Going south the 101 stays highway all the way down to just before Patrick's Point, which I believe is a dead zone so if your ride isn't going to Trinidad, hop out at Big Lagoon. From Trinidad, hitch out on the main st. ramp. If you get brought to Clam Beach going south, it is sometimes possible to hitch-hike by mouth a ride to Arcata from the folks that have bonfire parties at night or the campers in the morning. Its also a good spot to camp. If you don't get a ride in the morning tho, the odds of catching a ride before evening are slim. Don't take a ride to Clam Beach going north.

I've never hitched out of Fisher/McKinnleyville so if anyone knows the best ramp for that area, it would help. From Arcata you can hitch north Samoa Blvd. but you miss half the traffic that's going your way. Going south you can hitch the 14th st. ramp but it's probably better to take the $3 bus to Eureka. In Eureka the 101 becomes a main road through town and picks up as highway both sides so it's easy to hitch out.

I've never been dropped off anywhere between Eureka and Fortuna and I've never hitched out of Fortuna but I'm told Fortuna is hard to hitch out of. If anybody has input on that area it would be helpfull. If you get brought to the Hwy 36/Alton junction, hop out early northbound, or walk a little southbound and the 101 is highway through Scotia to just north of Stafford.

You can hitch out of Weott. I don't know how Myers Flat, Miranda or Phillipsville are. Garberville is good. I've never tried Benbow but 5 miles south toward Richardson Grove it becomes highway so it might be worth it to walk if you're going south, and you should definitely hop out early if a northbound ride is going to Benbow.
From Richardson Grove, it stays highway all the way through Willits. I've never hitched from Calpella or The Forks. In Ukiah The ramp to hitch from is Talmage Rd, it's ok but not that great of a spot. If you're going north it might be worth it to take the bus to Willits to catch the highway. If you're going south route becomes highway at Hopland, and you can catch a bus there too.

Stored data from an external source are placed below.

-- ===== src/Expr/Eval/Brackets.antt =====
-- `check_parentheses` on the tokens of an expression.
use mathlib.Core.List.{append_assoc, append-nil}
use nju_ics2020_pa.Base.{
  ℕ, suc, ◌+◌, ◌-◌, ◌≤◌, ◌<◌, ◌≡◌, refl, Bool, true, false, not, ◌&&◌, List, [], ◌∷◌, ◌++◌, leb,
  ◌==◌, if◌then◌else◌, ok, length, take, drop, arith, length-append, ap, sym, ◌∙◌, inl, inr,
  Bool-cases, subst, take-append-left, length-drop,
}
use nju_ics2020_pa.Expr.Token.{tk_lbrkt, tk_rbrkt, Token, token_is_vaild_op, same_type}
use nju_ics2020_pa.Expr.Eval.{bracket_loop, check_parentheses, inside, first_type, last_type}
use nju_ics2020_pa.Expr.Eval.Grammar.{
  Ast, leaf, paren, bin, BinOp, op_type, mark, print, IsParsed, length-print_pos,
}

bracket_loop-nil : bracket_loop 0 [] ≡ true
unfolding bracket_loop
bracket_loop-nil = refl

bracket_loop-open :
    (n : ℕ) (ts : List Token) → bracket_loop n (mark tk_lbrkt ∷ ts) ≡ bracket_loop (suc n) ts
unfolding bracket_loop
bracket_loop-open n ts = refl

pred-suc : (n : ℕ) → suc n - 1 ≡ n
pred-suc n = omega arith

bracket_loop-close :
    (n : ℕ) (ts : List Token) → bracket_loop (suc n) (mark tk_rbrkt ∷ ts) ≡ bracket_loop n ts
unfolding bracket_loop
bracket_loop-close n ts =
    let more : (suc n == 0) ≡ false = ground arith in
    rw more (ap (λ k. bracket_loop k ts) (pred-suc n))

bracket_loop-op :
    (n : ℕ) (o : BinOp) (ts : List Token)
    → bracket_loop n (mark (op_type o) ∷ ts) ≡ bracket_loop n ts
unfolding bracket_loop
bracket_loop-op n o ts = ground arith

bracket_loop-leaf :
    (n : ℕ) (t : Token) (ts : List Token)
    → token_is_vaild_op t.type ≡ false
    → bracket_loop n (t ∷ ts) ≡ bracket_loop n ts
unfolding bracket_loop
bracket_loop-leaf n t ts h = ground arith

-- The tokens of an expression leave the number of open brackets as it is.
pub bracket_loop-print :
    (n : ℕ) (e : Ast) (rest : List Token)
    → IsParsed e
    → bracket_loop n (print e ++ rest) ≡ bracket_loop n rest
unfolding print
bracket_loop-print n (leaf t) rest h = bracket_loop-leaf n t rest h
bracket_loop-print n (paren e) rest h =
    bracket_loop-open n _
    ∙ ap (bracket_loop (suc n)) (append_assoc (print e) (mark tk_rbrkt ∷ []) rest)
    ∙ bracket_loop-print (suc n) e (mark tk_rbrkt ∷ rest) h
    ∙ bracket_loop-close n rest
bracket_loop-print n (bin o l r) rest h =
    ap (bracket_loop n) (append_assoc (print l) (mark (op_type o) ∷ print r) rest)
    ∙ bracket_loop-print n l (mark (op_type o) ∷ (print r ++ rest)) h.2
    ∙ bracket_loop-op n o _
    ∙ bracket_loop-print n r rest h.3

-- A closing bracket too many is found wherever it stands.
bracket_loop-close_zero : (ts : List Token) → bracket_loop 0 (mark tk_rbrkt ∷ ts) ≡ false
unfolding bracket_loop
bracket_loop-close_zero ts = refl

drop_one-append : (xs ys : List Token) → 0 < length xs → drop 1 (xs ++ ys) ≡ drop 1 xs ++ ys
drop_one-append [] ys h = absurd (omega arith)
drop_one-append (x ∷ xs) ys h = refl

first_type-append : (xs ys : List Token) → 0 < length xs → first_type (xs ++ ys) ≡ first_type xs
first_type-append [] ys h = absurd (omega arith)
first_type-append (x ∷ xs) ys h = refl

-- Where an expression starts with `(`, the loop that skips it meets its partner with none open.
bracket_loop-skip_first :
    (e : Ast) (rest : List Token)
    → IsParsed e
    → same_type (first_type (print e)) tk_lbrkt ≡ true
    → bracket_loop 0 (drop 1 (print e) ++ rest) ≡ false
unfolding print
bracket_loop-skip_first (leaf u) rest h k = absurd (ground arith)
bracket_loop-skip_first (paren a) rest h k =
    ap (bracket_loop 0) (append_assoc (print a) (mark tk_rbrkt ∷ []) rest)
    ∙ bracket_loop-print 0 a (mark tk_rbrkt ∷ rest) h
    ∙ bracket_loop-close_zero rest
bracket_loop-skip_first (bin o l r) rest h k =
    let tail = mark (op_type o) ∷ print r in
    ap (λ ts. bracket_loop 0 (ts ++ rest)) (drop_one-append (print l) tail (length-print_pos l))
    ∙ ap (bracket_loop 0) (append_assoc (drop 1 (print l)) tail rest)
    ∙ bracket_loop-skip_first l (tail ++ rest) h.2
        (rw (← first_type-append (print l) tail (length-print_pos l)) k)

-- Counts that come out even do not with one more closing bracket.
bracket_loop-unclosed :
    (n : ℕ) (ts : List Token) (t : Token)
    → same_type t.type tk_rbrkt ≡ true
    → bracket_loop n ts ≡ true
    → bracket_loop n (ts ++ t ∷ []) ≡ false
unfolding bracket_loop
bracket_loop-unclosed n [] t k h = ground arith
bracket_loop-unclosed n (u ∷ ts) t k h = ground (
  arith,
  bracket_loop-unclosed (suc n) ts t,
  bracket_loop-unclosed (n - 1) ts t,
  bracket_loop-unclosed n ts t,
)

-- An expression that does not start with a bracket is even from its second token on.
bracket_loop-drop_first :
    (t : Token) (ts : List Token)
    → same_type t.type tk_lbrkt ≡ false
    → bracket_loop 0 (t ∷ ts) ≡ true
    → bracket_loop 0 ts ≡ true
unfolding bracket_loop
bracket_loop-drop_first t ts k h = ground arith

take-append : (xs ys : List Token) (n : ℕ) → take (length xs + n) (xs ++ ys) ≡ xs ++ take n ys
take-append [] ys n = ap (λ k. take k ys) (omega arith)
take-append (x ∷ xs) ys n =
    ap (λ k. take k (x ∷ (xs ++ ys))) (suc-add (length xs) n)
    ∙ ap (λ l. x ∷ l) (take-append xs ys n)
  where
    suc-add : (a b : ℕ) → suc a + b ≡ suc (a + b)
    suc-add a b = omega arith

-- A list of two or more tokens, by its ends.
pub record Ends (ts : List Token) : Type 0 where
  pub first : Token
  pub middle : List Token
  pub last : Token
  pub whole : ts ≡ first ∷ (middle ++ last ∷ [])

Ends-pair : (t u : Token) (ts : List Token) → Ends (t ∷ u ∷ ts)
Ends-pair t u [] = record { first = t; middle = []; last = u; whole = refl }
Ends-pair t u (v ∷ ts) =
    let rest = Ends-pair u v ts in
    record {
      first = t;
      middle = rest.first ∷ rest.middle;
      last = rest.last;
      whole = ap (λ l. t ∷ l) rest.whole;
    }

last_type-append : (xs : List Token) (t : Token) → last_type (xs ++ t ∷ []) ≡ t.type
last_type-append [] t = refl
last_type-append (x ∷ []) t = refl
last_type-append (x ∷ y ∷ xs) t = last_type-append (y ∷ xs) t

inside-ends : (t u : Token) (ts : List Token) → inside (t ∷ (ts ++ u ∷ [])) ≡ ts
inside-ends t u ts =
    ap (λ n. take n (ts ++ u ∷ [])) (omega (arith, length-append ts (u ∷ [])))
    ∙ take-append-left ts (u ∷ [])

ends_lem : (ts : List Token) → 2 ≤ length ts → Ends ts
ends_lem [] h = absurd (omega arith)
ends_lem (t ∷ []) h = absurd (omega arith)
ends_lem (t ∷ u ∷ ts) h = Ends-pair t u ts

-- What `check_parentheses` returns once its assertion holds.
abbrev surrounded : List Token → Bool
surrounded ts =
    if not (same_type (first_type ts) tk_lbrkt) && not (same_type (last_type ts) tk_rbrkt)
    then false
    else bracket_loop 0 (inside ts)

check_parentheses-ok : (ts : List Token) → 3 ≤ length ts → check_parentheses ts ≡ ok (surrounded ts)
unfolding check_parentheses
check_parentheses-ok ts h = let big : leb 3 (length ts) ≡ true = ground arith in rw big

surrounded-open :
    (ts : List Token)
    → same_type (first_type ts) tk_lbrkt ≡ true
    → surrounded ts ≡ bracket_loop 0 (inside ts)
surrounded-open ts h = rw h

surrounded-ends :
    (t u : Token) (m : List Token)
    → surrounded (t ∷ (m ++ u ∷ [])) ≡ (
        if not (same_type t.type tk_lbrkt) && not (same_type u.type tk_rbrkt)
        then false
        else bracket_loop 0 m)
surrounded-ends t u m =
    ap
      (λ x.
        if not (same_type t.type tk_lbrkt) && not (same_type x tk_rbrkt)
        then false
        else bracket_loop 0 (inside (t ∷ (m ++ u ∷ []))))
      (last_type-append (t ∷ m) u)
    ∙ ap
        (λ x.
          if not (same_type t.type tk_lbrkt) && not (same_type u.type tk_rbrkt)
          then false
          else bracket_loop 0 x)
        (inside-ends t u m)

-- An expression in brackets is recognised.
pub check_parentheses-paren : (e : Ast) → IsParsed e → check_parentheses (print (paren e)) ≡ ok true
unfolding print
check_parentheses-paren e h =
    check_parentheses-ok (print (paren e))
      (omega (arith, length-append (print e) (mark tk_rbrkt ∷ []), length-print_pos e))
    ∙ ap (λ (b : Bool). ok b)
        (surrounded-ends (mark tk_lbrkt) (mark tk_rbrkt) (print e)
          ∙ ap (bracket_loop 0) (sym (append-nil (print e)))
          ∙ bracket_loop-print 0 e [] h
          ∙ bracket_loop-nil)

pub inside-paren : (e : Ast) → inside (print (paren e)) ≡ print e
unfolding print
inside-paren e = inside-ends (mark tk_lbrkt) (mark tk_rbrkt) (print e)

module _ (o : BinOp) (l r : Ast) (h : IsParsed (bin o l r)) where
  abbrev tail : List Token
  tail = mark (op_type o) ∷ print r

  inside-bin : inside (print l ++ tail) ≡ drop 1 (print l) ++ take (length (print r)) tail
  inside-bin =
      ap (take (length (print l ++ tail) - 2)) (drop_one-append (print l) tail (length-print_pos l))
      ∙ ap (λ n. take n (drop 1 (print l) ++ tail))
          (omega (arith, length-append (print l) tail, length-drop 1 (print l), length-print_pos l))
      ∙ take-append (drop 1 (print l)) tail (length (print r))

  surrounded-bin_open :
      same_type (first_type (print l ++ tail)) tk_lbrkt ≡ true
      → surrounded (print l ++ tail) ≡ false
  surrounded-bin_open k =
      surrounded-open (print l ++ tail) k
      ∙ ap (bracket_loop 0) inside-bin
      ∙ bracket_loop-skip_first l (take (length (print r)) tail) h.2
          (rw (← first_type-append (print l) tail (length-print_pos l)) k)

  even : bracket_loop 0 (print l ++ tail) ≡ true
  unfolding print bracket_loop
  even =
      ap (bracket_loop 0) (sym (append-nil (print l ++ tail)))
      ∙ bracket_loop-print 0 (bin o l r) [] h

  surrounded-bin_shut :
      (e : Ends (print l ++ tail))
      → same_type e.first.type tk_lbrkt ≡ false
      → surrounded (print l ++ tail) ≡ false
  surrounded-bin_shut e k = ground (
    arith,
    ap surrounded e.whole,
    surrounded-ends e.first e.last e.middle,
    bracket_loop-unclosed 0 e.middle e.last,
    bracket_loop-drop_first e.first (e.middle ++ e.last ∷ []),
    even,
    ap (bracket_loop 0) e.whole,
  )

  -- Two operands joined by an operator are not taken for one expression in brackets.
  pub check_parentheses-bin : check_parentheses (print (bin o l r)) ≡ ok false
  unfolding print
  check_parentheses-bin =
      let long : 3 ≤ length (print l ++ tail) =
        omega (arith, length-append (print l) tail, length-print_pos l, length-print_pos r) in
      let e = ends_lem (print l ++ tail) (omega arith) in
      check_parentheses-ok (print l ++ tail) long
      ∙ ap (λ (b : Bool). ok b)
          (elim (Bool-cases (same_type e.first.type tk_lbrkt)) [
            | inl open_ ↦
                surrounded-bin_open
                  (subst (λ ts. same_type (first_type ts) tk_lbrkt ≡ true) (sym e.whole) open_)
            | inr other ↦ surrounded-bin_shut e other
          ])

Do not get dropped off in Preston or Cloverdale. Geyserville is good. I dont know about Lytton. In Healdsberg hitch north at Westside rd or south at Healdsberg ave. Do not get dropped off between Healdsberg and Santa Rosa. From Santa Rosa, the ramp to use is College ave. I lived in Santa Rosa and always saw travelers trying to hitch from the downtown ramp. It doesn't work

Rohnert Park can work but it's not great. Don't try Cotati. From Petaluma the ramp you want is E Washington/McDowell. In Novato the ramp is De Long, but it's not great. There's a bus that goes from San Francisco to Santa Rosa, and honestly if you're anywhere in between these cities besides Petaluma, you should take it. Hitching north from the downtown San Rafael ramp works. You can hitch south from the downtown ramp but cops run you off the ramp 'cause there's no shoulder, and headed south, half the traffic is going toward the East bay, and there's nowhere you can hitch from between San Rafael and SF accept across from the Shoreline Highway bus pad in Manzanita.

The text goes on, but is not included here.